My older daughter CAN be sweet when she wants to be...or wants something.

My baby has her moments too. She will purposefully sit on you and fart..then say, "Wow. That was a stinky one for you!"


----------



## Cherry (Sep 23, 2009)

that_girl said:


> My older daughter CAN be sweet when she wants to be...or wants something.
> 
> My baby has her moments too. She will purposefully sit on you and fart..then say, "Wow. That was a stinky one for you!"


lol - that reminded me. We were in the tub the other night and my son was straddling me while he was leaning back wetting his hair... He let a huge one rip right on me! OMG, it stunk to high heaven and they both just started giggling to no end  I was grossed out, but couldn't help joining in their little giggling game.


----------



## that_girl (Jul 6, 2011)

Yea...we're a gross family. We have taught them to keep it IN the house so they don't go talking about farts in public.

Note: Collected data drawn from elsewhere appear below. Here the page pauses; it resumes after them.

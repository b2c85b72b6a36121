-- ===== src/Pmm/Search/Carry.antt =====
-- The invariant of the search for `frames` free frames in a row: what `length` means at a frame
-- position, and how one word moves it on. `used` is the bitmap read frame by frame, and `lo` is
-- the frame at which the sweep began.
use bare_metal_programming.Prelude.{
  ℕ, ◌+◌, ◌-◌, ◌≤◌, ◌<◌, ◌≡◌, arith, ltb, leb, Bool, true, false, ◌⊎◌, inl, inr, Bool-cases,
}

module _ (used : ℕ → Bool) where
  -- The `n` frames from `s` on are free.
  abbrev pub FreeRun : ℕ → ℕ → Type 0
  FreeRun s n = (f : ℕ) → s ≤ f → f < s + n → used f ≡ false

  -- One of the `n` frames from `s` on is used.
  abbrev pub Blocked : ℕ → ℕ → Type 0
  Blocked s n = (f : ℕ) × (s ≤ f) × (f < s + n) × (used f ≡ true)

module _ (used : ℕ → Bool) (frames lo : ℕ) where
  -- Before the frame `pos`, with no run found: the last `length` frames are free and no more.
  pub record Carry (pos length : ℕ) : Type 0 where
    pub short : length < frames
    pub room : lo + length ≤ pos
    pub free : (f : ℕ) → pos ≤ f + length → f < pos → used f ≡ false
    pub edge : (lo + length ≡ pos) ⊎ (used (pos - length - 1) ≡ true)
    pub none_before : (s : ℕ) → lo ≤ s → s + frames ≤ pos → Blocked used s frames

  -- A run that lies between `lo` and `hi`.
  pub record IsRun (hi start : ℕ) : Type 0 where
    pub from_lo : lo ≤ start
    pub to_hi : start + frames ≤ hi
    pub all_free : FreeRun used start frames

  pub start-Carry : 0 < frames → Carry lo 0
  start-Carry p = record {
    short = p;
    room = omega arith;
    free = λ f q r. absurd (omega arith);
    edge = inl (omega arith);
    none_before = λ s q r. absurd (omega arith);
  }

  -- A candidate that begins before the free frames at the end and reaches over them is blocked.
  before_edge :
      {pos length : ℕ} (s : ℕ)
      → Carry pos length
      → lo ≤ s
      → s + length < pos
      → pos ≤ s + frames
      → Blocked used s frames
  before_edge {pos} {length} s c p q r = elim c.edge [
    | inl e ↦ absurd (omega arith)
    | inr e ↦ (pos - length - 1, omega arith, omega arith, e)
  ]

  module _ {pos length : ℕ} (c : Carry pos length) (w : ℕ) where
    -- A word of free frames, short of a run.
    pub extend-Carry : FreeRun used pos w → length + w < frames → Carry (pos + w) (length + w)
    extend-Carry free_word short_run = record {
      short = short_run;
      room = omega (arith, c.room);
      free = λ f p q. elim (Bool-cases (ltb f pos)) [
        | inl old ↦ c.free f (omega arith) (ground arith)
        | inr new ↦ free_word f (ground arith) q
      ];
      edge = elim c.edge [
        | inl e ↦ inl (omega arith)
        | inr e ↦
            let index : pos + w - (length + w) - 1 ≡ pos - length - 1 = omega arith in
            inr (rw index e)
      ];
      none_before = λ s p q. elim (Bool-cases (leb (s + frames) pos)) [
        | inl old ↦ c.none_before s p (ground arith)
        | inr new ↦ before_edge s c p (omega arith) (ground arith)
      ];
    }

    -- A word of free frames that completes a run.
    pub extend-IsRun : FreeRun used pos w → frames ≤ length + w → IsRun (pos + w) (pos - length)
    extend-IsRun free_word long = record {
      from_lo = omega (arith, c.room);
      to_hi = omega (arith, c.room, c.short);
      all_free = λ f p q. elim (Bool-cases (ltb f pos)) [
        | inl old ↦ c.free f (omega (arith, c.room)) (ground arith)
        | inr new ↦ free_word f (ground arith) (omega (arith, c.room, c.short))
      ];
    }

    -- A word of used frames.
    pub reset-Carry :
        0 < frames → 0 < w → ((f : ℕ) → pos ≤ f → f < pos + w → used f ≡ true) → Carry (pos + w) 0
    reset-Carry p wide used_word = record {
      short = p;
      room = omega (arith, c.room);
      free = λ f q r. absurd (omega arith);
      edge = inr (used_word (pos + w - 0 - 1) (omega arith) (omega arith));
      none_before = λ s q r. elim (Bool-cases (leb (s + frames) pos)) [
        | inl old ↦ c.none_before s q (ground arith)
        | inr new ↦ (
          s + frames - 1,
          omega arith,
          omega arith,
          used_word (s + frames - 1) (ground arith) (omega arith),
        )
      ];
    }

    -- A mixed word: `t` free frames up to a used one, `z` free frames behind the last used one,
    -- and no run inside.
    pub mixed-Carry :
        (t z : ℕ)
        → t < w
        → z < w
        → used (pos + t) ≡ true
        → used (pos + w - z - 1) ≡ true
        → ((f : ℕ) → pos + w ≤ f + z → f < pos + w → used f ≡ false)
        → z < frames
        → length + t < frames
        → ((s : ℕ) → pos ≤ s → s + frames ≤ pos + w → Blocked used s frames)
        → Carry (pos + w) z
    mixed-Carry t z ht hz low high free_end z_short t_short inside = record {
      short = z_short;
      room = omega (arith, c.room);
      free = free_end;
      edge = inr high;
      none_before = λ s q r. elim (Bool-cases (leb (s + frames) pos)) [
        | inl old ↦ c.none_before s q (ground arith)
        | inr new ↦ elim (Bool-cases (leb pos s)) [
          | inl in_word ↦ inside s (ground arith) r
          | inr before ↦ elim (Bool-cases (leb (s + frames) (pos + t))) [
            | inl reaches_not ↦ before_edge s c q (ground arith) (ground arith)
            | inr reaches ↦ (pos + t, ground arith, ground arith, low)
          ]
        ]
      ];
    }

    -- A mixed word whose first free frames complete a run.
    pub joined-IsRun :
        (t : ℕ) → t < w → FreeRun used pos t → frames ≤ length + t → IsRun (pos + w) (pos - length)
    joined-IsRun t ht free_start long = record {
      from_lo = omega (arith, c.room);
      to_hi = omega (arith, c.room, c.short);
      all_free = λ f p q. elim (Bool-cases (ltb f pos)) [
        | inl old ↦ c.free f (omega (arith, c.room)) (ground arith)
        | inr new ↦ free_start f (ground arith) (omega (arith, c.room, c.short))
      ];
    }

She has, however, learned the blame game. She'll fart and I'll say, who was that? and she says, "Daddy". :rofl:


----------



## Gaia (Apr 27, 2012)

lol my son lets one rip everytime i lift his legs to put a new diaper on his butt. Get me everytime and its horribly stinky!!! When my daughter farts she coughs at the same time to try and cover up the fact she's farting.. lol. If you even so much as mention her farting she gets upset and screams no.


----------



## Cooper (Apr 18, 2008)

Finding my dear sweet beautiful thoughtful daughter cleaning out my cupboards and refrigerator, of coarse since she's 21 and living with her boyfriend she was loading all the "garbage" into her car!


----------



## LovesHerMan (Jul 28, 2011)

When our son was 3 we went on a vacation to Mexico, and bought him a child-sized sombrero. When we got home, after a bath, naked, he put on the sombrero, got his toy gun, and held it over his private parts with his legs spread apart and a wicked grin on his face. 

I am so glad that I snapped a picture of our little bandito! Of course he hates to see it today.


----------



## LaxUF (Feb 13, 2012)

Runs like Dog said:


> Jump out the bathtub run down stairs fling open the doors to two Jehovah's Witness's and shout "I'm NAKED!!!" then run back upstairs. (he was 4).

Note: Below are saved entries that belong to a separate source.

-- ===== src/Lib.antt =====
-- A verification library of crypto_nav_manager, the service that rebuilds positions, PnL and order
-- matches of crypto trading strategies from exchange histories.
--
-- The program and the parts modelled here (paths from the repository's root):
-- * src/fifo_pnl.rs, `FifoPnl`: fills in timestamp order close the oldest lots of the other side and
--   open the rest. `Fifo` has the lots, the errors and the closing loop, `Fifo.Amount` the book
--   (apply_fill, floating_pnl, mark_pnl, snapshot, open_lot_count). Proofs: `Fifo.Loop` (termination),
--   `Fifo.Ticks` (the loop tick by tick), `Fifo.Amount.Safety`, `Fifo.Amount.Refinement`.
-- * src/quantity_fifo_pnl.rs, `QuantityFifoPnl`: the same on quantities. `Fifo.Quantity`; its lots
--   against the amount book's are in `Fifo.Quantity.Lots`.
-- * src/intra_order_match.rs, `MatchEngine`: margin orders net against each other, futures hedges
--   close the orders of the other side first in, first out, and the hedge history of each order is
--   kept. `Matching` has the data, `Matching.State` the access to maps and queues, `Matching.History`
--   record_hedge_order and seed_hedge_history, `Matching.Engine` apply_margin, apply_futures and
--   apply, `Matching.Load` new and into_orders. Proofs: `Matching.Soundness` (the invariant),
--   `Matching.Levels` (the tolerance), `Matching.Rounds`, `Matching.Netting` and `Matching.Hedging` (the two loops),
--   `Matching.Counting` and `Matching.Recording` (the history), `Matching.Margin`, `Matching.Futures`, `Matching.Batch`.
-- * src/rest_dispatcher.rs, `Dispatcher`: requests go out through the least used source address that
--   is not blocked and has room in its quota; a rate limit blocks an address and the request is tried
--   again. `Dispatch` has the configuration and the pool, `Dispatch.Headers` retry_after,
--   `Dispatch.Pool` reserve_client, block_client and update_observed_weight, `Dispatch.Request`
--   dispatch. Proofs: `Dispatch.Selection` and `Dispatch.Reservation` (one reservation),
--   `Dispatch.Quota` (any order of calls), `Dispatch.Retries` (the loop of dispatch, one attempt for
--   each of `max_rate_limit_retries` + 1).
-- * src/auth.rs, `SessionStore`: who is logged in. `Auth` has roles, users and the rules for names and
--   passwords, `Auth.Sessions` the store in memory (create, resolve, revoke, revoke_user_sessions),
--   `Auth.Cookies` session_token, `Auth.Middleware` require_auth. Proofs: `Auth.Histories` (a store
--   against the history of its calls), `Auth.Headers` (the cookie, set and read) and `Auth.Middleware`.
-- * src/account_risk.rs, `AccountRiskCache`: what the account monitors publish. `AccountRisk` has
--   feeds, scopes and readings, `AccountRisk.Wire` decode_account_risk, `AccountRisk.Cache` update,
--   set_connected, snapshots and snapshot_for_feed. Proofs: `AccountRisk.Decoding` (which events the
--   decoder takes) and `AccountRisk.Newest` (what the cache keeps).
-- * src/reconcile_cleanup.rs, `cleanup_stale_work_dirs`: old work directories are removed unless a
--   live run owns them. `Cleanup` has the tree and the decision; proofs: `Cleanup.Decisions`.
-- * src/pnl.rs, `calculate`, and src/pnl/overview.rs, `replay`: the events of a strategy, sorted by time,
--   applied to the books of their symbols. `Pnl` has the events; `Pnl.Venue` the book of a leg on either
--   FIFO engine; `Pnl.Symbol` the state of a symbol (apply_trade, apply_interest, seed_position, metrics);
--   `Pnl.States` all symbols, points and summaries; `Pnl.Curve` the sampling of points (loops on fuel that
--   is proved enough in `Pnl.Ticks`); `Pnl.Track` the two loops of `calculate` with the boundaries of the
--   rolling windows; `Pnl.Performance` the drawdown and the windows; `Pnl.Response` and `Pnl.Calculate`
--   the rest; `Pnl.Overview` the account replay; `Pnl.Charges` and `Pnl.Inputs` the rows of the queries.
--   Proofs: `Pnl.Isolation`, `Pnl.Books`, `Pnl.Ticks`, `Pnl.Extrema`, `Pnl.Order`, `Pnl.Captures`, `Pnl.Boundaries`,
--   `Pnl.Nearest`, `Pnl.Loading`, and `Pnl.Total`, `Pnl.Symbols`, `Pnl.Totality` (calculate ends).
-- * src/fr_position_limits.rs, `FrPositionLimitMonitor`: how near the positions of the funding-rate
--   strategies are to the limits of their exchanges. `FrLimits` has the limits of a symbol and the
--   parameters; `FrLimits.Symbols` the keys; `FrLimits.Exchange` and `FrLimits.Answers` the merging of
--   what an exchange answers; `FrLimits.Rows` and `FrLimits.Tables` the rows; `FrLimits.Monitor` an
--   environment and the overview with its cache. Proofs: `FrLimits.Naming`, `FrLimits.Spellings`, `FrLimits.Grouping`,
--   `FrLimits.Limits`, `FrLimits.Displayed`, `FrLimits.Health`.
--
-- Representation. An `f64` is an element of a type with the operations of `Float`; theorems that need
-- arithmetic assume `IsIeee`, facts of IEEE 754 that hold with rounding, NaN and infinities, or a
-- `Grid`, values that are whole numbers of ticks, on which sums and differences are exact.
-- `Float.Sample` meets both and makes every definition run.
-- The constants of src/pnl.rs and src/fr_position_limits.rs are arguments, `Literals` and
-- `Constants`, for which the theorems hold whatever they are; `program_literals` and
-- `program_constants` have the values of the code. An `i64` is an integer `ℤ`; timestamps and counters
-- are not taken to reach 2^63. A `BTreeMap` is an association list in key order, a `VecDeque` a list
-- with its front first. A call ends `done` with a value, `failed` with an error
-- value, `panicked` where Rust panics, or `stuck` where the model's fuel is out.
--
-- Fuel. The closing loop of a FIFO book runs on one more than the number of lots, since each round
-- but the last pops a lot or uses up the amount. The loops of apply_margin and apply_futures run on
-- two more than the length of the queue they consume, for the same reason.
--
-- Not modelled: SQL, HTTP, the exchanges' clients, the command-line jobs and the frontend, which are
-- I/O around these parts.
pub mod Base
pub mod Float
pub mod Fifo
pub mod Matching
pub mod AccountRisk
pub mod Auth
pub mod Cleanup
pub mod Dispatch
pub mod FrLimits
pub mod Pnl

I've done that (in my 20's)! 

They had a habit of frequently knocking on my door before 10am on the weekends. The day they "boldly" unlatched my screen door to come onto my porch was the last straw. issed:

I'd gone out the night before & was in no mood - if my eyes had not been half closed from a hangover I'm sure I would have appreciated the horrified look on their faces much more. I opened the door butt nekkid and said, "oh, hell no!" and promptly slammed it shut. :FIREdevil:

No more visits to the heathen wh0re's house! :biggrinangelA:


----------



## LaxUF (Feb 13, 2012)

My most coveted photo of my son was taken when he was 2. He had disappeared for a few minutes & when I called him he came running into the kitchen totally nekkid, wearing his dad's motorcycle helmet and holding a hockey stick in one hand & a toy chain saw in the other. I thought I was going to die laughing!

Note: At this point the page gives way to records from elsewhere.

-- ===== src/Base/Outcomes.antt =====
-- How a call ends: with a value, with an error value, by a panic, or not at all.
use mathlib.Core.Path.{◌≡◌, refl}
use mathlib.Core.Logic.{◌⊎◌, inl, inr}
use mathlib.Core.Bool.{Bool, true, false}

-- `panicked` is an `unwrap` or an index that fails; `stuck` means that a loop's fuel ran out.
pub data Outcome (E A : Type 0) : Type 0 where
  done : A → Outcome E A
  failed : E → Outcome E A
  panicked : Outcome E A
  stuck : Outcome E A

infixl 5 ◌>>=◌ ◌>>◌
abbrev pub ◌>>=◌ : {E A B : Type 0} → Outcome E A → (A → Outcome E B) → Outcome E B
done a >>= f = f a
failed e >>= f = failed e
panicked >>= f = panicked
stuck >>= f = stuck

abbrev pub ◌>>◌ : {E B : Type 0} → Outcome E (Unit {0}) → Outcome E B → Outcome E B
m >> k = m >>= λ _. k

-- Inversion of a successful bind, for proofs where the parts stay shut.
pub >>=-eq-done :
    {E A B : Type 0} (m : Outcome E A) (f : A → Outcome E B) {b : B}
    → (m >>= f) ≡ done b
    → (a : A) × (m ≡ done a) × (f a ≡ done b)
>>=-eq-done (done a) f h = (a, refl, h)
>>=-eq-done (failed e) f h = cc
>>=-eq-done panicked f h = cc
>>=-eq-done stuck f h = cc

pub Outcome-cases :
    {E A : Type 0} (r : Outcome E A)
    → ((a : A) × (r ≡ done a)) ⊎ ((e : E) × (r ≡ failed e)) ⊎ (r ≡ panicked) ⊎ (r ≡ stuck)
Outcome-cases (done a) = inl (a, refl)
Outcome-cases (failed e) = inr (inl (e, refl))
Outcome-cases panicked = inr (inr (inl refl))
Outcome-cases stuck = inr (inr (inr refl))

pub done-inj : {E A : Type 0} {a b : A} → ◌≡◌ {A = Outcome E A} (done a) (done b) → a ≡ b
done-inj h = cc

abbrev pub is_done : {E A : Type 0} → Outcome E A → Bool
is_done (done a) = true
is_done _ = false

pub is_done-done : {E A : Type 0} (r : Outcome E A) → is_done r ≡ true → (a : A) × (r ≡ done a)
is_done-done (done a) h = (a, refl)
is_done-done (failed e) h = cc
is_done-done panicked h = cc
is_done-done stuck h = cc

He's 14 now and the sweetest thing he does is "baby talk" to his cat who he believes is the most wonderful & beautiful creature to grace the earth (aside from Sofia Vergara). LOL!


----------



## Gaia (Apr 27, 2012)

LaxUF said:


> I've done that (in my 20's)!
> 
> They had a habit of frequently knocking on my door before 10am on the weekends. The day they "boldly" unlatched my screen door to come onto my porch was the last straw. issed:
> 
> ...



:lol:


----------



## MrsKy (May 5, 2012)

No kids, just three gorgeous nieces.

The 3 year old is starting school soon. She is a bit nervous about it because my mother ("Nana") has given her undivided attention for 3 years.

Niece: "I don't wanna go to school. I wanna stay home with Nana."
Me: "You have to go to school baby. Everyone does."
Niece: "Why? Why everybody gotta go to school?"
Me: "So that you can get a good job when you are a grown up."
Niece: "Well, I gonna be a drawer and a painter when I grow up so I don't need school. What's that word for drawer and painter again auntie?"
Me: "You want to be an artist?"
Niece: "Yeah! I wanna be an artist and stay home and paint by myself!"

:lol::lol::lol:

The nine year old still says some words incorrectly. It is so cute. "I want a guh-tar for Christmas." "You're not opposed to!"(supposed to).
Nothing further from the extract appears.